Wikinvest Wire

Thursday, September 07, 2006

Follow Up Questions

I had a couple of comments left on my post this morning.

One reader asked why I thought interest rates would go up in the scenario laid out in the post. If there is less demand for dollars the market will demand greater compensation (in the form of higher rates) for holding a currency that turns out to be less important than it once was. Hopefully no one took my comment about deficits to mean I think they are unimportant, they are important and potentially market moving in a substantial way including interest rates.

The bigger idea is if the dollar shares its role as reserve currency it will be competing for capital in a way that it does not do today. The competition puts upward pressure on rates. If there is not enough compensation to hold dollars foreign investors will not hold dollars but our debt situation is such that we need them to hold dollars. That last sentence is much gloomier than I view this but that is the bottom line to it.

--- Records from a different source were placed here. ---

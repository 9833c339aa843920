-- ===== src/Prelude/Search.antt =====
-- Texts within texts: `s.includes(t)` and `s.replace(pattern, text)` for a text as pattern.
use Prim.Native.Nat.{ℕ}
use mathlib.Core.Path.{◌≡◌, refl, sym}
use mathlib.Core.Logic.{◌≢◌}
use mathlib.Core.Bool.{Bool, true, ◌&&◌, ◌||◌}
use mathlib.Core.List.{[], ◌∷◌, ◌++◌, append-nil}
use native.Mathlib.Omega.{arith}
use task_queue_system.Prelude.Tests.{◌==◌, if◌then◌else◌, Bool-cases}
use task_queue_system.Prelude.Lists.{length, drop, All}
use task_queue_system.Prelude.Texts.{Text, starts_with}
use mathlib.Core.Logic.{inl, inr}

unfoldable pub contains : Text → Text → Bool
contains [] t = starts_with [] t
contains (c ∷ s) t = starts_with (c ∷ s) t || contains s t

-- The first occurrence is replaced, if there is one.
unfoldable pub replace_first : (pattern replacement : Text) → Text → Text
replace_first pattern replacement [] = if starts_with [] pattern then replacement else []
replace_first pattern replacement (c ∷ s) =
    let rest = replace_first pattern replacement s in
    if starts_with (c ∷ s) pattern then replacement ++ drop (length pattern) (c ∷ s) else c ∷ rest

-- An occurrence at the start is the first.
pub replace_at_start :
    (pattern replacement s : Text)
    → starts_with s pattern ≡ true
    → replace_first pattern replacement s ≡ replacement ++ drop (length pattern) s
unfolding replace_first
replace_at_start [] replacement [] h = unfold starts_with in sym (append-nil replacement)
replace_at_start (p ∷ pattern) replacement [] h = unfold starts_with in cc
replace_at_start pattern replacement (c ∷ s) h = rw h refl

-- A text that starts with `t` is `t` and the rest.
pub split_start : (s t : Text) → starts_with s t ≡ true → s ≡ t ++ drop (length t) s
unfolding starts_with
split_start s [] h = refl
split_start [] (d ∷ t) h = cc
split_start (c ∷ s) (d ∷ t) h = grind (arith, split_start s t)

-- A replacement that starts with the same character as its pattern leaves a prefix without that
-- character as it was.
pub starts_with-replace_first :
    (x : ℕ) (pattern replacement s t : Text)
    → All (λ c. c ≢ x) t
    → starts_with (replace_first (x ∷ pattern) (x ∷ replacement) s) t ≡ starts_with s t
unfolding starts_with replace_first
starts_with-replace_first x pattern replacement s [] h = refl
starts_with-replace_first x pattern replacement [] (d ∷ t) h = refl
starts_with-replace_first x pattern replacement (c ∷ s) (d ∷ t) h =
    elim (Bool-cases (c == x && starts_with s pattern)) [
      | inl first ↦ rw first (ground (arith, first, h.0))
      | inr later ↦
          rw later (ground (arith, starts_with-replace_first x pattern replacement s t h.1))
    ]
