-- ===== src/Prelude.antt =====
-- The names that the other modules share: the libraries', passed on, and those of the children.
mod Tests
mod Lists
mod Texts
mod Decimal
pub mod Dict
mod Space
mod Search
pub mod Numeric
pub use Tests.*
pub use Lists.*
pub use Texts.*
unfoldable pub use Texts.{text_eq, includes, starts_with}
unfoldable pub use Space.{is_space, trim}
unfoldable pub use Search.{contains, replace_first}
pub use Search.{replace_at_start, split_start, starts_with-replace_first}
pub use Space.{trim_of_IsDigits, trim_of_no_space, trim-All}
unfoldable pub use Decimal.{decimal}
pub use Decimal.{tens, length-decimal, decimal_inj, decimal-IsDigits, IsDigits, decimal-ne-nil}
pub use Prim.Native.Nat.{ℕ, zero, suc, ◌+◌, ◌-◌, ◌*◌, ◌/◌, ◌%◌, ◌≤◌, ◌<◌, min}
pub use Prim.Native.String.{String}
pub use mathlib.Core.Path.{◌≡◌, refl, sym, ap, subst, ◌∙◌}
pub use mathlib.Core.Logic.{◌≢◌, ◌↔◌, ◌⊎◌, inl, inr}
pub use mathlib.Core.Bool.{Bool, true, false, ◌&&◌, ◌||◌, not}
pub use mathlib.Core.Option.{Option, none, some}
pub use mathlib.Core.List.{List, [], ◌∷◌, ◌++◌, map}
pub use native.Mathlib.Omega.{arith}
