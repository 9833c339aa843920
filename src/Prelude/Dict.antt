-- ===== src/Prelude/Dict.antt =====
-- A `Map` with text keys, as its entries in order of insertion.
use mathlib.Core.List.{List, [], ◌∷◌}
use mathlib.Core.Option.{Option, none, some}
use mathlib.Core.Path.{◌≡◌, refl, subst₂}
use Prim.Native.Nat.{◌+◌, ◌≤◌}
use native.Mathlib.Omega.{arith}
use task_queue_system.Prelude.Tests.{if◌then◌else◌, Bool-cases}
use mathlib.Core.Logic.{inl, inr}
use task_queue_system.Prelude.Lists.{length, All}
use task_queue_system.Prelude.Texts.{Text, text_eq, text_eq_iff, text_eq_refl}

abbrev pub Dict {ℓ} : Type ℓ → Type ℓ
Dict V = List (Text × V)

module _ {ℓ} {V : Type ℓ} where
  unfoldable pub lookup : Text → Dict V → Option V
  lookup k [] = none
  lookup k ((j, v) ∷ m) = if text_eq j k then some v else lookup k m

  unfoldable pub insert : Text → V → Dict V → Dict V
  insert k v [] = (k, v) ∷ []
  insert k v ((j, w) ∷ m) = if text_eq j k then (k, v) ∷ m else (j, w) ∷ insert k v m

  pub lookup-insert :
      (k j : Text) (v : V) (m : Dict V)
      → lookup j (insert k v m) ≡ (if text_eq k j then some v else lookup j m)
  unfolding lookup insert
  lookup-insert k j v [] = refl
  lookup-insert k j v ((i, w) ∷ m) =
      ground (arith, text_eq_iff k j, text_eq_iff i k, text_eq_iff i j, lookup-insert k j v m)

  pub lookup-insert_self : (k : Text) (v : V) (m : Dict V) → lookup k (insert k v m) ≡ some v
  lookup-insert_self k v m = rw lookup-insert (rw text_eq_refl)

  pub length-insert-le : (k : Text) (v : V) (m : Dict V) → length (insert k v m) ≤ length m + 1
  unfolding insert
  length-insert-le k v [] = omega arith
  length-insert-le k v ((j, w) ∷ m) = ground (arith, length-insert-le k v m)

same_value {ℓ} : {V : Type ℓ} {w v : V} → some w ≡ some v → w ≡ v
same_value e = cc

module _ {ℓ κ} {V : Type ℓ} (P : Text → V → Type κ) where
  -- What holds of each entry holds of the entry found.
  pub lookup-All :
      (k : Text) (m : Dict V) {v : V} → All (λ e. P e.0 e.1) m → lookup k m ≡ some v → P k v
  unfolding lookup
  lookup-All k [] h e = cc
  lookup-All k ((j, w) ∷ m) {v} h e =
      let found : (if text_eq j k then some w else lookup k m) ≡ some v = e in
      elim (Bool-cases (text_eq j k)) [
        | inl same ↦ subst₂ P ((text_eq_iff j k).0 same) (same_value (rw same at found)) h.0
        | inr other ↦ lookup-All k m h.1 (rw other at found)
      ]

  pub insert-All :
      (k : Text) (v : V) (m : Dict V)
      → All (λ e. P e.0 e.1) m
      → P k v
      → All (λ e. P e.0 e.1) (insert k v m)
  unfolding insert
  insert-All k v [] h p = (p, tt)
  insert-All k v ((j, w) ∷ m) h p = elim (Bool-cases (text_eq j k)) [
    | inl same ↦ rw same (p, h.1)
    | inr other ↦ rw other (h.0, insert-All k v m h.1 p)
  ]
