-- ===== src/Config.antt =====
-- config/environment.ts: the validated configuration.
use task_queue_system.Prelude.{ℕ, Text, List, Bool}

pub data NodeEnv : Type 0 where
  development production test : NodeEnv

-- `Environment`: the schema's fields, and the three that the module derives. Only what the modelled
-- code reads is listed; JSON_BODY_LIMIT and the worker's tuning go to libraries as they are.
pub record Config : Type 0 where
  pub node_env : NodeEnv
  pub port : ℕ
  pub log_level : Text
  pub redis_url : Text
  pub redis_host : Text
  pub redis_port : ℕ
  pub redis_password : Text
  pub worker_concurrency : ℕ
  pub rate_limit_max : ℕ
  pub rate_limit_duration_ms : ℕ
  pub http_rate_limit_window_ms : ℕ
  pub http_rate_limit_max_per_ip : ℕ
  pub http_rate_limit_max_global : ℕ
  pub max_queue_depth : ℕ
  pub queue_depth_cache_ttl_ms : ℕ
  pub dashboard_snapshot_ttl_ms : ℕ
  pub dashboard_poll_interval_seconds : ℕ
  pub dashboard_max_cache_entries : ℕ
  pub dashboard_max_refreshes_per_window : ℕ
  pub dashboard_refresh_window_ms : ℕ
  pub dashboard_rate_limit_max_per_ip : ℕ
  pub webhook_timeout_ms : ℕ
  pub bullboard_user : Text
  pub bullboard_password : Text
  pub cors_allowed_origins : List Text
  pub admin_auth_configured : Bool
  pub is_explicit_development : Bool
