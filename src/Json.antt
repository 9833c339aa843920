-- ===== src/Json.antt =====
-- JSON values. A number is its text: the program prints numbers and passes numbers on, and
-- computes with none that it reads from JSON.
use task_queue_system.Prelude.{Option, none, some, ℕ, Text, Bool, [], ◌∷◌, decimal}
use task_queue_system.Prelude.Dict.{Dict, lookup}

mutual
  pub data Json : Type 0 where
    null : Json
    boolean : Bool → Json
    number : Text → Json
    text : Text → Json
    array : Items → Json
    fields : Fields → Json

  pub data Items : Type 0 where
    nil : Items
    cons : Json → Items → Items

  pub data Fields : Type 0 where
    end : Fields
    field : Text → Json → Fields → Fields

abbrev pub of_entries : Dict Json → Fields
of_entries [] = end
of_entries ((k, v) ∷ m) = field k v (of_entries m)

abbrev pub entries : Fields → Dict Json
entries end = []
entries (field k v m) = (k, v) ∷ entries m

-- An object literal.
abbrev pub object : Dict Json → Json
object m = fields (of_entries m)

abbrev pub natural : ℕ → Json
natural n = number (decimal n)

-- `payload?.name`
abbrev pub payload_field : Text → Json → Option Json
payload_field name (fields m) = lookup name (entries m)
payload_field name _ = none

-- A field of an object literal that is left out when its value is undefined.
abbrev pub optional_field : Text → Option Json → Dict Json
optional_field name none = []
optional_field name (some j) = (name, j) ∷ []

abbrev pub optional_text : Option Text → Option Json
optional_text none = none
optional_text (some t) = some (text t)
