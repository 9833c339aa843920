-- ===== src/Http.antt =====
-- Requests and responses, as the handlers of app.ts and of middleware/ see them.
use task_queue_system.Prelude.{ℕ, Text, txt, Option, [], ◌∷◌}
use task_queue_system.Prelude.Dict.{Dict}
use task_queue_system.Json.{Json, object, text}

-- A parameter as Express parses it: a text, an array, or a nested object.
mutual
  pub data QueryValue : Type 0 where
    str : Text → QueryValue
    arr : QueryValues → QueryValue
    obj : QueryValue

  pub data QueryValues : Type 0 where
    nil : QueryValues
    cons : QueryValue → QueryValues → QueryValues

abbrev pub Query : Type 0
Query = Dict QueryValue

-- `headers` holds lower-case names, as Node gives them.
pub record Request : Type 0 where
  pub method : Text
  pub path : Text
  pub ip : Option Text
  pub headers : Dict Text
  pub query : Query
  pub body : Json

abbrev pub Headers : Type 0
Headers = Dict Text

-- What `res.status(…).json(…)` or `.end()` sends; `none` is an empty body.
pub record Response : Type 0 where
  pub status : ℕ
  pub headers : Headers
  pub body : Option Json

-- `{ error: message }`
abbrev pub error_body : Text → Json
error_body message = object ((txt "error", text message) ∷ [])

-- A handler calls `next()`, with the request and the headers set so far, or it responds.
pub data Outcome : Type 0 where
  proceed : Request → Headers → Outcome
  respond : Response → Outcome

The other comment brought up whether oil might be priced in something other than dollars but the reader does not make the connection that this would be bad for the dollar (if I read the question correctly).

Oil, gold, copper and just about everything else trades in US dollars. This creates a constant demand for dollars creating a certain level of importance. Any trading that occurs for these products in another currency is less demand for dollars. Less demand is behind the entire theme of the post.

4 comments:

Anonymous said...

I have to disagree with you foriegners will not control our interest rates the fed will control interest rates. If there are too many dollars out there interest rates will not rise, the value of the dollar will just fall faster.

This is happening as we speak. The dollar will keep falling, but not as far or as dramatic as you would think.

No other country wants there currency to become the worlds reserve currency. Reserve currencies become to valuable and exports plunge, so this will take a while.

I see a slow grinding devaluation of the dollar over time. This should increase when the fed eventually starts lowering interest rates.

Roger Nusbaum said...

i am not saying the US will cede being world reserve currency i think they may have to share.

sorry if my post implied otherwise

Anonymous said...

Currencies seek their own level no matter what the monetary intervention...and that is part of confusion is knowing the ups and downs of valuation. As mentioned, sooo many dollars are out there. The die is cast but who knows when or how low, or how volatile. Roger, I like your big picture perspective as part of your process. And, lets assume that you are right..i.e,the dollar goes lower (for whatever reason) and our fed will intervene...what do you think are the practical implications for taking action?

Roger Nusbaum said...

It is not clear to me if the fed would step in so much as the rest of the curve might selloff to some equilibrium point.

Assuming this is a slow shift (which is what I would expect if this turns out to be correct) and not a three month panic I would think foreign stocks/bond and cash would all do better than domestic stocks and bonds.

Chances are commodities as an asset class would do well too. Also I do not think and orderly shift would impact the China/India story so thing that benefit from that now could still benefit then as well.

Let me stress that I do view this as apocalyptic. It is in no one's interest for some US meltdown.